3.2: Kleisli category | Categories Bartosz Milewski Youtube notes

Inclusion

This deals with an interesting case to study.
Let's define a relation on sets, the relation of inclusion. For a set, being a subset of an other set is a relation that we note ⊆.
What kind of relation is it ? An order, a preorder ?
Every set is a subset of itself, so we have identity (in terms of orders, we say it is reflexive).
It is transitive : if a is a subset of b and b is a subset of c then a is a subset of c.
And the associativity is obvious.

So this is a preorder.
This is a partial order because there may be loops : if a ⊆ b ⋀ b ⊆ a ⇒ a = b.
This is not a total order because there may exist disjoint sets or sets that partially overlap.
We can have a diamond situation :

We have a category based on sets where the arrows are not functions, but relations. Some versions of this category is used in modeling topology ; open sets have this property of inclusion.

Kleisli category

This is a category based on the category of types and functions.
We can get to this category by solving a programming problem :
We maintain a library of functions and a new requirement comes : every function must be auditable : every function has to create a log "I was called".
The simplest solution that comes to mind of imperative programmers is creating a global log. So we have in C++

string log = "";

If we have a function

bool negate(bool x){
    return !x;
}

To add a trace in the log, we can modify it :

bool negate(bool x){
    log += "not!";
    return !x;
}

This looks simple, but is it really simple ?
It introduces a hidden dependency between the bodies of our functions a the global log.
This can't be seen if we look at the signature of negate : it just takes a bool and returns a bool.
If we remove the declaration of the global log, all the functions are broken without touching them.
But let's keep that solution.

It works until a new requirement comes : "Our library must be usable in a multi-threaded environment".
So let's have a global lock ! But locks don't compose, so we can generate dead-lock situations.
We are then obliged to deal with the complexity hidden behind this apprently simple solution.
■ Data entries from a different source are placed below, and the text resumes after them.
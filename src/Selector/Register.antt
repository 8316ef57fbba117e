-- ===== src/Selector/Register.antt =====
-- `selector_register`: what it stores, when it refuses, and where it leaves the table.
use protos_tpe.Prelude.{
  ℕ, ◌+◌, ◌-◌, ◌≤◌, ◌<◌, ◌≡◌, ◌≢◌, refl, ap, ◌∙◌, sym, pos, Bool, true, false, Option, none, some,
  ◌++◌, arith, ltb, length, replicate, get_or-append_replicate, get_elem?-get_or, get_elem?_past,
  length-append, length-replicate, Bool-cases, inl, inr, Option-cases,
}
use protos_tpe.Selector.{
  Status, success, enomem, fdinuse, Interest, Item, Selector, items_max_size, next_capacity,
  checked_fd, update_fdset, ensure_capacity, put_item, register,
}
use protos_tpe.Selector.Capacity.{next_capacity_bounds}
use protos_tpe.Selector.Laws.{
  IsValid, Fits-frame, item_at, placed, Changed, Registered, done, in_use, no_memory,
  placed-Changed, same-Changed,
}

module _ {H D : Type 0} where
  Changed-base :
      (s base s' : Selector H D) (fd : ℕ) (o : Option (Item H D))
      → ((j : ℕ) → item_at s j ≡ item_at base j)
      → Changed s s' fd o
      → Changed base s' fd o
  Changed-base s base s' fd o same c = record {
    valid = c.valid;
    here = c.here;
    others = λ j ne. c.others j ne ∙ same j;
  }

  -- The second part, on a table that has the items of `base`.
  put_item_lem :
      (alloc : ℕ → Bool) (s base : Selector H D) (item : Item H D)
      → IsValid s
      → item.fd < length s.items
      → (length base.items < item.fd → alloc (next_capacity item.fd) ≡ true)
      → ((j : ℕ) → item_at s j ≡ item_at base j)
      → (r : Status × Selector H D) × (put_item s item.fd item.handler item.interest item.data_of
          ≡ some r)
        × Registered alloc base item.fd item r
  unfolding put_item update_fdset placed
  put_item_lem alloc s base item v h memory same =
      let at = get_elem?-get_or s.items item.fd none h in
      elim (Option-cases (item_at s item.fd)) [
        | inl free ↦ (
          (success, placed s item.fd item),
          rw (at, put_item) (rw (free, put_item) refl),
          done (sym (same item.fd) ∙ free) memory (
              Changed-base s base (placed s item.fd item) item.fd (some item) same
                (placed-Changed s item v h)),
        )
        | inr (old, used) ↦ (
          (fdinuse, s),
          rw (at, put_item) (rw (used, put_item) refl),
          in_use old (sym (same item.fd) ∙ used) (
              Changed-base s base s item.fd (some old) same
                (same-Changed s item.fd (some old) v used)),
        )
      ]

  -- The table after it has grown for the descriptor `n`.
  grown : Selector H D → ℕ → Selector H D
  grown s n = record s { items = s.items ++ replicate (next_capacity n - length s.items) none }

  item_at-grown : (s : Selector H D) (n j : ℕ) → item_at (grown s n) j ≡ item_at s j
  unfolding grown
  item_at-grown s n j = get_or-append_replicate s.items (next_capacity n - length s.items) j none

  length-grown :
      (s : Selector H D) (n : ℕ)
      → length (grown s n).items ≡ length s.items + (next_capacity n - length s.items)
  unfolding grown
  length-grown s n =
      let k = next_capacity n - length s.items in
      length-append s.items (replicate k none)
      ∙ ap (λ m. length s.items + m) (length-replicate k none)

  grown-IsValid : (s : Selector H D) (n : ℕ) → IsValid s → n ≤ items_max_size → IsValid (grown s n)
  unfolding grown
  grown-IsValid s n v h = record {
    slots = λ j.
        rw (get_or-append_replicate s.items (next_capacity n - length s.items) j none)
          (Fits-frame s (grown s n) j (item_at s j) (omega arith) refl refl (v.slots j));
    size = omega (arith, length-grown s n, v.size, next_capacity_bounds n h);
  }

  register_room :
      (alloc : ℕ → Bool) (s : Selector H D) (item : Item H D)
      → item.fd < items_max_size
      → item.fd < length s.items
      → register alloc s (pos item.fd) (some item.handler) item.interest item.data_of
        ≡ put_item s item.fd item.handler item.interest item.data_of
  unfolding register checked_fd
  register_room alloc s item h k = ground arith

  register_grow :
      (alloc : ℕ → Bool) (s : Selector H D) (item : Item H D)
      → item.fd < items_max_size
      → length s.items < item.fd
      → alloc (next_capacity item.fd) ≡ true
      → register alloc s (pos item.fd) (some item.handler) item.interest item.data_of
        ≡ put_item (grown s item.fd) item.fd item.handler item.interest item.data_of
  unfolding register checked_fd ensure_capacity grown
  register_grow alloc s item h k a = ground arith

  register_no_memory :
      (alloc : ℕ → Bool) (s : Selector H D) (item : Item H D)
      → item.fd < items_max_size
      → length s.items < item.fd
      → alloc (next_capacity item.fd) ≡ false
      → register alloc s (pos item.fd) (some item.handler) item.interest item.data_of
        ≡ some (enomem, s)
  unfolding register checked_fd ensure_capacity
  register_no_memory alloc s item h k a = ground arith

  -- Registering an item whose descriptor is within the platform's limit, and is not the size of the
  -- table, on a valid selector: the item is stored if its place is free, and the table was large
  -- enough or there is memory for its next capacity; if the place is in use, the status says so; it
  -- is ENOMEM only when the table is too small and there is no memory for the next capacity. Then no
  -- item changes. The selector is valid afterwards, and all other items are as they were.
  pub register-Registered :
      (alloc : ℕ → Bool) (s : Selector H D) (item : Item H D)
      → IsValid s
      → item.fd < items_max_size
      → item.fd ≢ length s.items
      → (r : Status × Selector H D) × (register alloc s
            (pos item.fd)
            (some item.handler)
            item.interest
            item.data_of
          ≡ some r)
        × Registered alloc s item.fd item r
  register-Registered alloc s item v h ne = elim (Bool-cases (ltb item.fd (length s.items))) [
    | inl room ↦
        (let (r, runs, w) =
            put_item_lem alloc s s item v (ground arith) (λ e. absurd (ground arith)) (λ j. refl) in
          (r, register_room alloc s item h (ground arith) ∙ runs, w))
    | inr beyond ↦
        (let past : length s.items < item.fd = ground arith in
          elim (Bool-cases (alloc (next_capacity item.fd))) [
            | inl memory ↦
                (let inside : item.fd < length (grown s item.fd).items =
                    omega
                      (arith, length-grown s item.fd, next_capacity_bounds item.fd (omega arith)) in
                  let (r, runs, w) =
                    put_item_lem alloc (grown s item.fd) s item
                      (grown-IsValid s item.fd v (omega arith)) inside (λ _. memory)
                      (item_at-grown s item.fd) in
                  (r, register_grow alloc s item h past memory ∙ runs, w))
            | inr no_more ↦ (
              (enomem, s),
              register_no_memory alloc s item h past no_more,
              no_memory past no_more,
            )
          ])
  ]

  register_size :
      (alloc : ℕ → Bool) (s : Selector H D) (handler : H) (interest : Interest) (data_of : D)
      → length s.items < items_max_size
      → register alloc s (pos (length s.items)) (some handler) interest data_of
        ≡ put_item s (length s.items) handler interest data_of
  unfolding register checked_fd
  register_size alloc s handler interest data_of h = ground arith

  put_item_past :
      (s : Selector H D) (fd : ℕ) (handler : H) (interest : Interest) (data_of : D)
      → length s.items ≤ fd
      → put_item s fd handler interest data_of ≡ none
  unfolding put_item
  put_item_past s fd handler interest data_of h = rw (get_elem?_past s.items fd h, put_item) refl

  -- Registering the descriptor that equals the size of the table accesses the item behind the
  -- table, whatever the memory, as long as the descriptor is within the platform's limit.
  pub register_at_size :
      (alloc : ℕ → Bool) (s : Selector H D) (handler : H) (interest : Interest) (data_of : D)
      → length s.items < items_max_size
      → register alloc s (pos (length s.items)) (some handler) interest data_of ≡ none
  register_at_size alloc s handler interest data_of h =
      register_size alloc s handler interest data_of h
      ∙ put_item_past s (length s.items) handler interest data_of (omega arith)
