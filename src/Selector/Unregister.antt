-- ===== src/Selector/Unregister.antt =====
-- `selector_unregister_fd` and `selector_set_interest`.
use protos_tpe.Prelude.{
  ℕ, ◌≤◌, ◌<◌, ◌≡◌, refl, ap, ◌∙◌, pos, none, some, arith, ltb, if◌then◌else◌, length, set,
  get_elem?-get_or,
}
use protos_tpe.Selector.{
  success, Interest, Item, Selector, items_max_size, checked_fd, update_fdset, items_max_fd,
  unregister, set_interest,
}
use protos_tpe.Selector.Laws.{IsValid, item_at, placed, placed-Changed, Changed}
use protos_tpe.Selector.Cleared.{emptied, emptied-Changed}

checked_fd_pos : (fd : ℕ) → fd < items_max_size → checked_fd (pos fd) ≡ some fd
unfolding checked_fd
checked_fd_pos fd h = ground arith

module _ {H D : Type 0} where
  unregister_used :
      (handle_close : H → ℕ → D → Selector H D → Selector H D) (s : Selector H D) (fd : ℕ)
      (item : Item H D)
      → fd < items_max_size
      → fd < length s.items
      → item_at s fd ≡ some item
      → (let closed = handle_close item.handler item.fd item.data_of s in
          unregister handle_close s (pos fd)
          ≡ some
              (success, record (emptied closed fd) { max_fd = items_max_fd (emptied closed fd) }))
  unfolding unregister emptied
  unregister_used handle_close s fd item h k e =
      rw (checked_fd_pos fd h, unregister)
        (rw (get_elem?-get_or s.items fd none k, unregister) (rw (e, unregister) refl))

  -- If the handler of a registered descriptor, within the table and the limit of the platform,
  -- leaves a valid selector when it is closed, then unregistering the descriptor succeeds, and
  -- what is left is a valid selector, without its item and with the other items that the handler
  -- has left.
  pub unregister-Changed :
      (handle_close : H → ℕ → D → Selector H D → Selector H D) (s : Selector H D) (fd : ℕ)
      (item : Item H D)
      → fd < items_max_size
      → fd < length s.items
      → item_at s fd ≡ some item
      → IsValid (handle_close item.handler item.fd item.data_of s)
      → (s' : Selector H D) × (unregister handle_close s (pos fd) ≡ some (success, s'))
        × Changed (handle_close item.handler item.fd item.data_of s) s' fd none
  unregister-Changed handle_close s fd item h k e v =
      let closed = handle_close item.handler item.fd item.data_of s in
      let last = record (emptied closed fd) { max_fd = items_max_fd (emptied closed fd) } in
      (last, unregister_used handle_close s fd item h k e, emptied-Changed closed fd v)

  set_interest_used :
      (s : Selector H D) (fd : ℕ) (item : Item H D) (i : Interest)
      → fd < items_max_size
      → fd < length s.items
      → item_at s fd ≡ some item
      → set_interest s (pos fd) i
        ≡ some (
          success,
          update_fdset
              (some (record item { interest = i }))
              (record s { items = set s.items fd (some (record item { interest = i })) }),
        )
  unfolding set_interest
  set_interest_used s fd item i h k e =
      rw (checked_fd_pos fd h, set_interest)
        (rw (get_elem?-get_or s.items fd none k, set_interest) (rw (e, set_interest) refl))

  -- A new interest keeps the largest descriptor.
  replaced-placed :
      (s : Selector H D) (item : Item H D)
      → item.fd ≤ s.max_fd
      → update_fdset (some item) (record s { items = set s.items item.fd (some item) })
        ≡ placed s item.fd item
  unfolding update_fdset placed
  replaced-placed s item h =
      let same : (if ltb s.max_fd item.fd then item.fd else s.max_fd) ≡ s.max_fd = ground arith in
      rw same refl

  -- On a valid selector the interest of a registered descriptor, within the table and the limit
  -- of the platform, is set in the table and in the sets for `select`; the selector stays valid
  -- and the other items are as they were.
  pub set_interest-Changed :
      (s : Selector H D) (item : Item H D) (i : Interest)
      → IsValid s
      → item.fd < items_max_size
      → item.fd < length s.items
      → item_at s item.fd ≡ some item
      → (s' : Selector H D) × (set_interest s (pos item.fd) i ≡ some (success, s'))
        × Changed s s' item.fd (some (record item { interest = i }))
  set_interest-Changed s item i v h k e =
      let fits = rw e at (v.slots item.fd) in
      let new = record item { interest = i } in
      (
        placed s item.fd new,
        set_interest_used s item.fd item i h k e
            ∙ ap (λ s'. some (success, s')) (replaced-placed s new fits.1),
        placed-Changed s new v k,
      )
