-- ===== src/Selector/Tests.antt =====
-- A table of two places.
use protos_tpe.Prelude.{
  ℕ, zero, suc, ◌+◌, ◌==◌, ◌≡◌, refl, pos, Bool, true, false, none, some, [], ◌∷◌, arith, ◌≤◌, ◌<◌,
}
use protos_tpe.Selector.{
  Status, success, Interest, Item, Selector, items_max_size, next_capacity, register, unregister,
}
use protos_tpe.Selector.Capacity.{next_capacity_bounds}
use protos_tpe.Selector.Laws.{IsValid, Fits, item_at, Changed, Registered}
use protos_tpe.Selector.Register.{register-Registered, register_at_size}
use protos_tpe.Selector.Unregister.{unregister-Changed}

abbrev reading : Interest
reading = record { op_read = true; op_write = false }

abbrev writing : Interest
writing = record { op_read = false; op_write = true }

-- The descriptor 1 waits for input.
abbrev item : Item ℕ ℕ
item = record { fd = 1; interest = reading; handler = 7; data_of = 9 }

abbrev reads_one : ℕ → Bool
reads_one k = k == 1

abbrev table : Selector ℕ ℕ
table = record {
  items = none ∷ some item ∷ [];
  max_fd = 1;
  master_r = reads_one;
  master_w = λ k. false;
}

abbrev any_memory : ℕ → Bool
any_memory n = true

abbrev keep : ℕ → ℕ → ℕ → Selector ℕ ℕ → Selector ℕ ℕ
keep handler fd data_of s = s

table-IsValid : IsValid table
table-IsValid = record { slots = slot; size = omega arith }
  where
    slot : (i : ℕ) → Fits table i (item_at table i)
    slot zero = (refl, refl)
    slot (suc zero) = (refl, omega arith, refl, refl)
    slot (suc (suc i)) = (ground arith, refl)

next_capacity_example : (1023 < next_capacity 1023) × (next_capacity 1023 ≤ items_max_size + 1)
next_capacity_example = next_capacity_bounds 1023 (omega arith)

-- The table grows for the descriptor 5.
register_example :
    (r : Status × Selector ℕ ℕ) × (register any_memory table (pos 5) (some 7) writing 9 ≡ some r)
    × Registered any_memory table 5
        (record { fd = 5; interest = writing; handler = 7; data_of = 9 })
        r
register_example =
    register-Registered any_memory table
      (record { fd = 5; interest = writing; handler = 7; data_of = 9 }) table-IsValid (omega arith)
      (λ e. absurd (omega arith))

unregister_example :
    (s' : Selector ℕ ℕ) × (unregister keep table (pos 1) ≡ some (success, s'))
    × Changed table s' 1 none
unregister_example =
    unregister-Changed keep table 1 item (omega arith) (omega arith) refl table-IsValid

register_at_size_example : register any_memory table (pos 2) (some 7) reading 9 ≡ none
register_at_size_example = register_at_size any_memory table 7 reading 9 (omega arith)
This could not happen in Haskell as all functions are supposed to be pure.
In C++, this could be implemented as a pure function :

pair<bool,string> negate(bool x, string log){
    return make_pair(!x, log + "not!");
}

OK, this function is pure, there is no side effects, but it's a bit awkward :

We saw that a function is pure if it can be memoized.
Memoizing the first version of the function is easy, the argument is a boolean so the lookup table contains two elements.
For the second version, memoizing the boolean argument is easy, but for the string argument, every time we call it with a diffferent string we have a different result. So to memoize it we should consider all the possible different history of calls.
An other problem is the use of + in the code log + "not!".
Why should a function like negate should know about appending strings ? It acts locally but it has this element of knowledge that is outside of its scope. The principle of separation of concerns is not respected.

This solution would resolve the preceeding issues :

pair<bool,string> negate(bool x){
    return make_pair(!x, "not!");
}

But then who does the concatenation of the log ?
What do we do with these functions ? We compose them.

We can modify the way we compose these functions.

Let's define a new way of composing functions that will take care of composing functions that return these pairs.
With regular composition, we would write :

function <c(a)> compose(function<b(a)> f, function<c(b)> g){
    return [f, g](a x){
        auto p1 = f(x);
        auto p2 = g(p1);
        return p2;
    }
}

a, b and c are types.
The function compose() returns a function which takes an argument of type a and returns an object type c.
compose()'s arguments are two functions :
f - takes an argument of type a and returns an object type b
g - takes an argument of type b and returns an object type c

That's a higher order function, something new in C++ and java, having functions as arguments and returning function and creating them on the spot.

But we want functions that return pairs (embellished functions)

function <pair<c, string>(a)> compose(function<pair<b, string>(a)> f, function<pair<c, string>(b)> g){
    return [f, g](a x){
        auto p1 = f(x);     // p1 is a pair now
        auto p2 = g(p1.first);
        return make_pair(p2.first, p1.second + p2.second); // log concatenation done here
    }
}

This new way of composing function takes care of appending the log.

Do we have a category with this composition ?

Is it associative ? In the first parts of the pairs, we are just doing regular composition, which was associative before.
In the second parts, we do string concatenation, which is associative.
Identity is
```
function pair<a, string> id(a x){
    return make_pair(x, "");
}
```
String concatenation is a binary operator that is associative and has a unit. So this works for any monoid.

So we have a category whose objects are types a, b, c... and arrows are not regular functions.
An arrow from a to b is a function from a to a pair (b, string), an embellished function.
This is the Kleisli category ; its arrows (the embellished functions) are called the Kleisli arrows. Kleisli arrows can be defined for a lot of embellishements.

This is a view of a monad. These arrows are composable because this embellishement is a monad.
A monad is just a way of composing special types of functions.
When we redefine composition, we have this one additional degree of freedom. If we use this additional degree or freedom, we use a monad.